Archive for the ‘Code Generation’ Category
C# Enum Generation
Ayende recently asked on the ALT.NET mailing list about the various methods developers use to provide lookup values, with the question framed as one between lookup tables and enums. My own preference is to use both, but keep it DRY with code generation.
To demonstrate the idea, I wrote a Ruby script that generates a C# enum file from some metadata. I much prefer Ruby to pure .NET solutions like CodeSmith—I find it easier and more powerful (I do think CodeSmith is excellent if there is no Ruby expertise on the team, however). The full source for this example can be grabbed here.

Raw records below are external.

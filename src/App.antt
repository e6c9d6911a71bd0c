-- ===== src/App.antt =====
-- apps/desktop/src/hooks/useAppInitialization.ts and apps/desktop/src/app/App.tsx: the start and the
-- end of a session, and which view is rendered. What the server answers is an argument.
pub mod Dispatch
pub mod Unseen
pub mod Session
pub mod Onboarding
pub mod Tests
use ep2pchat.Base.{
  ◌≡◌, String, Bool, true, false, Option, none, some, List, [], ◌∷◌, if◌then◌else◌, or_else,
  or_text, truthy, truthy?, keep_if, not,
}
use ep2pchat.Base.Dict.{insert}
use ep2pchat.Base.Exec.{Result, Exec}
use ep2pchat.Socket.{Socket, connect, destroy}
use ep2pchat.Vault.Db.{Db}
use ep2pchat.Vault.Messages.{str_eq}
use ep2pchat.Vault.Keyed.{save_device_id}
use ep2pchat.Orchestration.{LocalKeys}
use ep2pchat.Stores.{
  Contact, Presence, SessionState, ChatState, AuthState, UiState, RootView, auth, onboarding, chat,
  admin, to, set_contacts, set_messages, set_presence_by_contact, set_session, set_local_keys,
  set_my_device_id, logged_out, set_root_view,
}
use ep2pchat.Toasts.{Toasts, error, add_toast}
use ep2pchat.Workflows.{Answer, loaded, failed}

pub record MyDevice : Type 0 where
  pub id : String
  pub is_active : Bool

-- The arguments of `handleAuthenticated`.
pub record SignedIn : Type 0 where
  pub user_id : String
  pub org_id : String
  pub email : String
  pub device_id : String
  pub keys : LocalKeys
  pub role : String
  pub username : Option String
  pub department : Option String

pub record App (P M S : Type 0) : Type 0 where
  pub chats : ChatState M S
  pub account : AuthState LocalKeys
  pub ui : UiState
  pub socket : Socket P
  pub db : Db
  pub token : String
  pub toasts : Toasts

-- The users but oneself.
unfoldable pub others : String → List Contact → List Contact
others user_id users = keep_if (λ (u : Contact). not (str_eq u.id user_id)) users

abbrev with_status : Contact → Option Presence → List (String × Presence) → List (String × Presence)
with_status u none ps = ps
with_status u (some status) ps = insert u.id status ps

-- In the order of the users, onto `ps`.
unfoldable pub initial_presence : List Contact → List (String × Presence) → List (String × Presence)
initial_presence [] ps = ps
initial_presence (u ∷ us) ps = initial_presence us (with_status u u.presence_status ps)

unfoldable pub current_device : List MyDevice → Option MyDevice
current_device [] = none
current_device (d ∷ ds) = if d.is_active then some d else current_device ds

-- What App.tsx renders.
pub data Shell : Type 0 where
  auth_flow admin_panel onboarding_wizard main_shell : Shell

unfoldable pub shell_of : RootView → Option SessionState → Shell
shell_of auth s = auth_flow
shell_of admin s = admin_panel
shell_of onboarding (some s) = onboarding_wizard
shell_of onboarding none = main_shell
shell_of chat s = main_shell

module _ {P M S : Type 0} where
  abbrev use_device : Option MyDevice → App P M S → App P M S
  use_device none a = a
  use_device (some d) a =
      if truthy d.id
      then record a {
        account = set_my_device_id (some d.id) a.account;
        db = (save_device_id d.id a.db).1;
      }
      else a

  abbrev pub with_users : List Contact → App P M S → App P M S
  with_users users a = record a {
    chats = set_presence_by_contact (to (initial_presence users [])) (set_contacts users a.chats);
  }

  -- The devices are none where that request failed; the settings of the organisation are not used.
  unfoldable pub load_workspace :
      String → Answer (Option (List Contact)) → Option (List MyDevice) → App P M S → App P M S
  load_workspace user_id (loaded users) devices a =
      use_device (current_device (or_else devices []))
        (with_users (others user_id (or_else users [])) a)
  load_workspace user_id (failed m) devices a = record a {
    toasts = add_toast (or_else (or_text m none) "Failed to load workspace") error a.toasts;
  }

  -- Before the workspace is loaded.
  unfoldable pub handle_authenticated : SignedIn → App P M S → App P M S
  handle_authenticated x a = record a {
    account = set_my_device_id (some x.device_id) (
        set_local_keys (some x.keys) (
          set_session
            (some (record {
              user_id = x.user_id;
              org_id = x.org_id;
              email = x.email;
              role = x.role;
              username = x.username;
              department = x.department;
            }))
            a.account));
    socket = connect a.token (some x.device_id) a.socket;
    ui = set_root_view (if truthy? x.username then chat else onboarding) a.ui;
  }

  -- The answers of the server and of the native part to the end of the session are not used.
  unfoldable pub handle_logout : Bool → App P M S → App P M S
  handle_logout false a = a
  handle_logout true a = record a {
    socket = destroy a.socket;
    token = "";
    account = logged_out a.account;
    chats = set_messages (to []) (set_contacts [] a.chats);
    ui = set_root_view auth a.ui;
  }

  -- `onBack` of the administration.
  unfoldable pub leave_admin : App P M S → App P M S
  leave_admin a = record a {
    ui = set_root_view (elim a.account.session [ none ↦ auth | some _ ↦ chat ]) a.ui;
  }
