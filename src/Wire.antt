-- ===== src/Wire.antt =====
-- The payloads that the client hands to `socket.send`: features/chat/ChatArena.tsx,
-- features/chat/useChat.ts and features/stories/useStoryWorkflows.ts. `H` is the type of a
-- ratchet header.
use ep2pchat.Base.{String, Bool, Option, some, List, [], ◌∷◌}

-- A message or an event that is encrypted for one device.
pub record Encrypted (H : Type 0) : Type 0 where
  pub temp_id : String
  pub recipient_device_id : String
  pub ciphertext : String
  pub ephemeral_public_key : Option String
  pub used_opk_id : Option String
  pub header : H

pub data Outgoing (H : Type 0) : Type 0 where
  -- MESSAGE_ACK and MESSAGE_READ
  message_id : String → Outgoing H
  -- MESSAGE_SEND
  message : Encrypted H → Outgoing H
  -- TYPING_EVENT
  typing : String → Bool → Outgoing H
  -- STORY_KEY_SHARE: a device, a ciphertext and a header
  story_key : String → String → H → Outgoing H

-- The fields of the object that a message is the JSON of, before it is encrypted.
abbrev pub text_fields : String → Option String → List (String × Option String)
text_fields text parent = ("type", some "text") ∷ ("body", some text) ∷ ("parent_id", parent) ∷ []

The idea is simple. I want a straightforward and extensible way to provide metadata for lookup values, following the Ruby Way of convention over configuration. XML is very popular in the .NET world, but the Ruby world views it as overly verbose, and prefers lighter markup languages like YAML. For my purposes, I decided not to mess with markup at all (although I’m still considering switching to YAML—the hash of hashes approach describes what I want well). Here’s some example metadata:
enums = {
'OrderType' => {},
'MethodOfPayment' => {:table => 'PaymentMethod',},
'StateProvince' => {:table => 'StateProvinces',
:name_column => 'Abbreviation',
:id_column => 'StateProvinceId',
:transformer => lambda {|value| value.upcase},
:filter => lambda {|value| !value.empty?}}
}
That list, which is valid Ruby code, describes three enums, which will be named OrderType
, MethodOfPayment
, and StateProvince
. The intention is that, where you followed your database standards, you should usually be able to get by without adding any extra metadata, as shown in the OrderType
example. The code generator will get the ids and enum names from the OrderType
table (expecting the columns to be named OrderTypeId
and Description
) and create the enum from those values. As StateProvince
shows, the table name and two column names can be overridden.
More interestingly, you can both transform and filter the enum names by passing lambdas (which are like anonymous delegates in C#). The ‘StateProvince’ example above will filter out any states that, after cleaning up any illegal characters, equal an empty string, and then it will upper case the name.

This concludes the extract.